=== Exercise ===
Every entry must be printed again exactly, with nothing left out.
*** Available data ***
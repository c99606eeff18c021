-- ===== src/Database/Queries/Tidy.antt =====
-- The queries close the connections that they open.
use somethingremotelygood.Base.{ℕ, Option, List, Bytes, Exec}
use somethingremotelygood.Base.Effects.{◌>>=◌}
use somethingremotelygood.Database.Bind.{Value}
use somethingremotelygood.Database.Cells.{Cell}
use somethingremotelygood.Database.Connection.{Sqlcipher, Store, execute}
use somethingremotelygood.Database.Connection.Tidy.{
  Steady, Steady-pure, Steady-lift, Steady-bind, Steady-execute, Steady-execute_insert,
  Steady-execute_update, Tidy, with_connection-Tidy,
}
use somethingremotelygood.Database.Queries.{
  Floats, get_sessions, get_all_users, insert_anomaly_report, get_pending_anomalies,
  insert_command_report, update_anomaly_status, get_container_key, get_anomaly_report,
}

module _ {q : Sqlcipher} where
  read-Steady :
      {A : Type 0} (c : ℕ) (sql : Bytes) (params : List Value)
      (f : List (List Cell) → Exec (Store q) A)
      → ((rows : List (List Cell)) → Steady (f rows))
      → Steady (execute c sql params >>= f)
  read-Steady c sql params f h = Steady-bind _ f (Steady-execute c sql params) h

-- Every query leaves the connections that were there before as they were, a connection that it is
-- given among them, and closes the one that it opens when it is given none, whether it returns or
-- raises, unless opening it fails.
pub queries-Tidy :
    {q : Sqlcipher} (f : Floats) (a b c d e : Value) (user : Option Value) (since conn : Option ℕ)
    → Tidy {q = q} (get_sessions user since conn)
      × Tidy {q = q} (get_all_users conn)
      × Tidy {q = q} (insert_anomaly_report a b c d e conn)
      × Tidy {q = q} (get_pending_anomalies conn)
      × Tidy {q = q} (insert_command_report a b c d e conn)
      × Tidy {q = q} (update_anomaly_status a b conn)
      × Tidy {q = q} (get_container_key f a b conn)
      × Tidy {q = q} (get_anomaly_report a conn)
unfolding get_sessions get_all_users insert_anomaly_report get_pending_anomalies
    insert_command_report update_anomaly_status get_container_key get_anomaly_report
queries-Tidy f a b c d e user since conn = (
  with_connection-Tidy _ (λ n. read-Steady n _ _ _ (λ rows. Steady-pure _)) conn,
  with_connection-Tidy _ (λ n. read-Steady n _ _ _ (λ rows. Steady-lift _)) conn,
  with_connection-Tidy _ (λ n. Steady-execute_insert n _ _) conn,
  with_connection-Tidy _ (λ n. read-Steady n _ _ _ (λ rows. Steady-pure _)) conn,
  with_connection-Tidy _ (λ n. Steady-execute_insert n _ _) conn,
  with_connection-Tidy _ (λ n. Steady-execute_update n _ _) conn,
  with_connection-Tidy _ (λ n. read-Steady n _ _ _ (λ rows. Steady-lift _)) conn,
  with_connection-Tidy _ (λ n. read-Steady n _ _ _ (λ rows. Steady-pure _)) conn,
)
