-- ===== src/Examples.antt =====
-- Concrete ports and inputs, tests, and the theorems at them.
mod Line
mod Client
mod Bridge
mod Sanitizer
mod Keytool
mod Database
mod Anomaly
mod CommandAnalysis
mod Threads
mod PdfReport
mod Process
mod Generators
*** End of Available data ***
=== Exercise result ===
repository c99606eeff18c021
-- ===== src/Database/Queries/Tidy.antt =====
-- The queries close the connections that they open.
use somethingremotelygood.Base.{ℕ, Option, List, Bytes, Exec}
use somethingremotelygood.Base.Effects.{◌>>=◌}
use somethingremotelygood.Database.Bind.{Value}
use somethingremotelygood.Database.Cells.{Cell}
use somethingremotelygood.Database.Connection.{Sqlcipher, Store, execute}
use somethingremotelygood.Database.Connection.Tidy.{
  Steady, Steady-pure, Steady-lift, Steady-bind, Steady-execute, Steady-execute_insert,
  Steady-execute_update, Tidy, with_connection-Tidy,
}
use somethingremotelygood.Database.Queries.{
  Floats, get_sessions, get_all_users, insert_anomaly_report, get_pending_anomalies,
  insert_command_report, update_anomaly_status, get_container_key, get_anomaly_report,
}

module _ {q : Sqlcipher} where
  read-Steady :
      {A : Type 0} (c : ℕ) (sql : Bytes) (params : List Value)
      (f : List (List Cell) → Exec (Store q) A)
      → ((rows : List (List Cell)) → Steady (f rows))
      → Steady (execute c sql params >>= f)
  read-Steady c sql params f h = Steady-bind _ f (Steady-execute c sql params) h

-- Every query leaves the connections that were there before as they were, a connection that it is
-- given among them, and closes the one that it opens when it is given none, whether it returns or
-- raises, unless opening it fails.
pub queries-Tidy :
    {q : Sqlcipher} (f : Floats) (a b c d e : Value) (user : Option Value) (since conn : Option ℕ)
    → Tidy {q = q} (get_sessions user since conn)
      × Tidy {q = q} (get_all_users conn)
      × Tidy {q = q} (insert_anomaly_report a b c d e conn)
      × Tidy {q = q} (get_pending_anomalies conn)
      × Tidy {q = q} (insert_command_report a b c d e conn)
      × Tidy {q = q} (update_anomaly_status a b conn)
      × Tidy {q = q} (get_container_key f a b conn)
      × Tidy {q = q} (get_anomaly_report a conn)
unfolding get_sessions get_all_users insert_anomaly_report get_pending_anomalies
    insert_command_report update_anomaly_status get_container_key get_anomaly_report
queries-Tidy f a b c d e user since conn = (
  with_connection-Tidy _ (λ n. read-Steady n _ _ _ (λ rows. Steady-pure _)) conn,
  with_connection-Tidy _ (λ n. read-Steady n _ _ _ (λ rows. Steady-lift _)) conn,
  with_connection-Tidy _ (λ n. Steady-execute_insert n _ _) conn,
  with_connection-Tidy _ (λ n. read-Steady n _ _ _ (λ rows. Steady-pure _)) conn,
  with_connection-Tidy _ (λ n. Steady-execute_insert n _ _) conn,
  with_connection-Tidy _ (λ n. Steady-execute_update n _ _) conn,
  with_connection-Tidy _ (λ n. read-Steady n _ _ _ (λ rows. Steady-lift _)) conn,
  with_connection-Tidy _ (λ n. read-Steady n _ _ _ (λ rows. Steady-pure _)) conn,
)
-- ===== src/Examples.antt =====
-- Concrete ports and inputs, tests, and the theorems at them.
mod Line
mod Client
mod Bridge
mod Sanitizer
mod Keytool
mod Database
mod Anomaly
mod CommandAnalysis
mod Threads
mod PdfReport
mod Process
mod Generators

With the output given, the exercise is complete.